# -Wolf Run & Burr Oak Reports-



## JignPig Guide (Aug 3, 2007)

Wolf Run

The bass have spawned. The frylings last Saturday were microscopic. So the hatch may have actually happened Friday or Saturday morning. It was the earliest stages of the spawn hatch that I have ever seen. And it was pretty neat seeing how the fry hatch appeared that early. The fry wasn't even large enough to have any color, like the black clouds of fry that I am used to seeing.

The bass were hittin' the smaller sized Venom Lures Sweet Dream creature baits, and the Venom Hollow Hog. And also a few fish hit the drop-shot rig tipped with the Venom Due Drop 4-inch worm. They were hittin' along the shoreline milfoil. But they absolutely wouldn't take any other presentation. Or any other cover or structure for that matter.
The fish that my father and son clients caught didn't have a mark on them. And didn't look like fish that have recently spawned. There were about fifteen bass caught in the 12-15 inch slot. With several fat 14-inchers in the mix. Overall it was a good day.

Burr Oak

I guided on Burr Oak yesterday/Monday. I didn't see any fry or frylings anywhere.

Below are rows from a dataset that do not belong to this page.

-- ===== src/Lifecycle.antt =====
-- src/lib/order-lifecycle.ts: which signed orders are accepted, cancelled and active. A record that
-- is used as a map is a function from its keys. `hash_order_struct` is `hashOrderStruct` of
-- src/lib/eip712-order.ts, of which nothing is assumed: it may throw.
pub mod Effects
pub mod Forward
pub mod Finality
mod Examples
use phlebas.Base.{
  ℕ, Bool, true, false, ◌&&◌, ◌||◌, Option, none, some, Result, ok, err, ◌>>=◌, ◌>>◌, throw_if, ltb,
  leb, ◌==◌, if◌then◌else◌, uint64_max, not,
}
use phlebas.OrderDomain.{Text, same_text, TypedOrderIntent, normalize_hex32}

-- The text `account:epoch:nonce` by its parts: the account has a fixed length, and a numeral has no
-- colon.
pub record NonceKey : Type 0 where
  pub account : Text
  pub epoch : ℕ
  pub nonce : ℕ

unfoldable pub same_key : NonceKey → NonceKey → Bool
same_key k l = same_text k.account l.account && k.epoch == l.epoch && k.nonce == l.nonce

pub record OrderLifecycleState : Type 0 where
  pub account_epochs : Text → Option ℕ
  pub cancelled_nonce_keys : NonceKey → Bool
  pub nonce_claims : NonceKey → Option Text
  pub accepted_order_hashes : Text → Bool
  pub accepted_order_struct_hashes : Text → Option Text

pub data InactiveReason : Type 0 where
  expired epoch_invalidated nonce_cancelled not_accepted body_mismatch : InactiveReason

pub data OrderActivity : Type 0 where
  active : OrderActivity
  inactive : InactiveReason → OrderActivity

abbrev pub empty_order_lifecycle : OrderLifecycleState
empty_order_lifecycle = record {
  account_epochs = λ account. none;
  cancelled_nonce_keys = λ key. false;
  nonce_claims = λ key. none;
  accepted_order_hashes = λ hash. false;
  accepted_order_struct_hashes = λ hash. none;
}

-- `{ ...map, [key]: value }`.
abbrev pub put {ℓ κ} : {K : Type ℓ} {V : Type κ} → (K → K → Bool) → (K → V) → K → V → K → V
put same map key value = λ k. if same key k then value else map k

-- `?? 0n`.
abbrev pub number_or_zero : Option ℕ → ℕ
number_or_zero none = 0
number_or_zero (some n) = n

-- Whether an entry of a map to texts that are not empty is there.
abbrev pub is_present : Option Text → Bool
is_present none = false
is_present (some t) = true

-- `===` of an entry of a map with a text.
abbrev pub is_text : Option Text → Text → Bool
is_text none t = false
is_text (some s) t = same_text s t

unfoldable pub active_account_epoch : OrderLifecycleState → Text → Result ℕ
active_account_epoch state account_id =
    normalize_hex32 account_id >>= λ account. ok (number_or_zero (state.account_epochs account))

unfoldable pub order_nonce_key : Text → ℕ → ℕ → Result NonceKey
order_nonce_key account_id account_epoch nonce =
    throw_if (ltb uint64_max account_epoch) "Account epoch must fit uint64"
    >> throw_if (ltb uint64_max nonce) "Nonce must fit uint64"
    >> normalize_hex32 account_id
    >>= λ account. ok (record { account = account; epoch = account_epoch; nonce = nonce })

-- The state that `claimOrderNonce` returns (lines 55 to 60).
abbrev pub claimed : OrderLifecycleState → Text → Text → NonceKey → OrderLifecycleState
claimed state hash struct_hash key = record state {
  nonce_claims = put same_key state.nonce_claims key (some hash);
  accepted_order_hashes = put same_text state.accepted_order_hashes hash true;
  accepted_order_struct_hashes =
      put same_text state.accepted_order_struct_hashes hash (some struct_hash);
}

-- Lines 52 to 60.
unfoldable pub claim_key : OrderLifecycleState → Text → Text → NonceKey → Result OrderLifecycleState
claim_key state hash struct_hash key =
    throw_if (state.cancelled_nonce_keys key) "Order nonce is cancelled"
    >> throw_if (state.accepted_order_hashes hash) "Order hash replayed"
    >> throw_if (is_present (state.nonce_claims key)) "Order nonce is already claimed"
    >> ok (claimed state hash struct_hash key)

unfoldable pub cancel_order_nonce : OrderLifecycleState → Text → ℕ → ℕ → Result OrderLifecycleState
cancel_order_nonce state account_id account_epoch nonce =
    order_nonce_key account_id account_epoch nonce >>= λ key.
    active_account_epoch state account_id >>= λ current.
    throw_if (not (account_epoch == current)) "Only the active account epoch can cancel a nonce"
    >> ok (record state { cancelled_nonce_keys = put same_key state.cancelled_nonce_keys key true })

unfoldable pub advance_account_epoch : OrderLifecycleState → Text → ℕ → Result OrderLifecycleState
advance_account_epoch state account_id next_epoch =
    throw_if (ltb uint64_max next_epoch) "Account epoch must fit uint64"
    >> normalize_hex32 account_id
    >>= λ account. active_account_epoch state account >>= λ current.
        throw_if (leb next_epoch current) "Account epoch must increase monotonically"
        >> ok (record state {
          account_epochs = put same_text state.account_epochs account (some next_epoch);
        })

-- Lines 110 to 113.
unfoldable pub accepted_activity : OrderLifecycleState → TypedOrderIntent → ℕ → Result OrderActivity
accepted_activity state order now_seconds =
    if leb order.expiry now_seconds
    then ok (inactive expired)
    else active_account_epoch state order.maker_account_id >>= λ current.
        if not (order.account_epoch == current)
        then ok (inactive epoch_invalidated)
        else order_nonce_key order.maker_account_id order.account_epoch order.nonce >>= λ key.
            if state.cancelled_nonce_keys key then ok (inactive nonce_cancelled) else ok active

-- Whether the order is the one that was accepted; a hash that throws says no (lines 103 to 109).
abbrev pub is_accepted_body : Option Text → Result Text → Bool
is_accepted_body entry (ok struct_hash) = is_text entry struct_hash
is_accepted_body entry (err e) = false

module _ (hash_order_struct : TypedOrderIntent → Result Text) where
  unfoldable pub claim_order_nonce :
      OrderLifecycleState → Text → TypedOrderIntent → Result OrderLifecycleState
  claim_order_nonce state order_hash order = normalize_hex32 order_hash >>= λ hash.
      hash_order_struct order >>= λ struct_hash.
      order_nonce_key order.maker_account_id order.account_epoch order.nonce >>= λ key.
      active_account_epoch state order.maker_account_id >>= λ current.
      throw_if (not (order.account_epoch == current)) "Order account epoch is not active"
      >> claim_key state hash struct_hash key

  unfoldable pub order_activity :
      OrderLifecycleState → Text → TypedOrderIntent → ℕ → Result OrderActivity
  order_activity state order_hash order now_seconds =
      throw_if (ltb uint64_max now_seconds) "Activity time must fit uint64"
      >> normalize_hex32 order_hash
      >>= λ hash.
          if not (state.accepted_order_hashes hash)
          then ok (inactive not_accepted)
          else if not
              (is_accepted_body (state.accepted_order_struct_hashes hash) (hash_order_struct order))
          then ok (inactive body_mismatch)
          else accepted_activity state order now_seconds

But I thought I would have. I know they have spawned or are spawning, because the bite is telling me so. I didn't see any bass on beds. But I did see several just hanging out near cover. Probably healing up is my guess. 

Fishing was tough!!! My clients brought crawdads and I brought nightcrawlers for them. (One of them was handicapped and could not do repeated casts.) They used the crawdads and worms and caught lots and lots of panfish. But no bass! We fished several of my good spots and just couldn't get bit by a bass. We had to take about an hour break in the morning to let the lightning/thunder pass. But when we resumed, the fishing was the same. After my clients left, I went right back to the same areas we were fishing earlier and caught two decent bass! I didn't weigh them, but my guess would put them in the two pound range. One hit the Bomber Square A, and the other hit the Z-Man Chatterbait.

Note - The nice men that took the picture of me at Burr Oak were fishing for bass and were blanked/skunked. And they had an awesome rig, and looked like they had some bass fishing skills. It was just a tough bite.

(I hope these posts don't bore you folks.)


----------



## morning jigger (Apr 22, 2009)

as always thanks for the posts jeff!


----------



## ZEBRACON1 (Feb 15, 2008)

Never bored by your posts JPG ! Always highly informative and with good pics too. Wolf Run and Burr Oak are two of my favorite lakes. I don't get to frequent them any more because of the distance factor and I'm running a 70 hp rig now. I need to pick up one of those pond hopper plastic boats sometime for the limited hp lakes. Anyway, nice report !


----------



## JOE B (Nov 3, 2009)

Great post Jeff. You are a junkie going back 2 catch bass after fishing all day. You da man!


----------



## cmalinowski (Aug 25, 2007)

How did the water look down there Jeff - I think we may head down there Saturday morning since it's been raining so hard up north of Columbus, I've thinking Hoover will be too muddy.


----------



## JignPig Guide (Aug 3, 2007)

cmalinowski said:


> How did the water look down there Jeff - I think we may head down there Saturday morning since it's been raining so hard up north of Columbus, I've thinking Hoover will be too muddy.


I was there Monday. So it's been five days. But the water should be pretty decent. You know it's much clearer in the main lake.


----------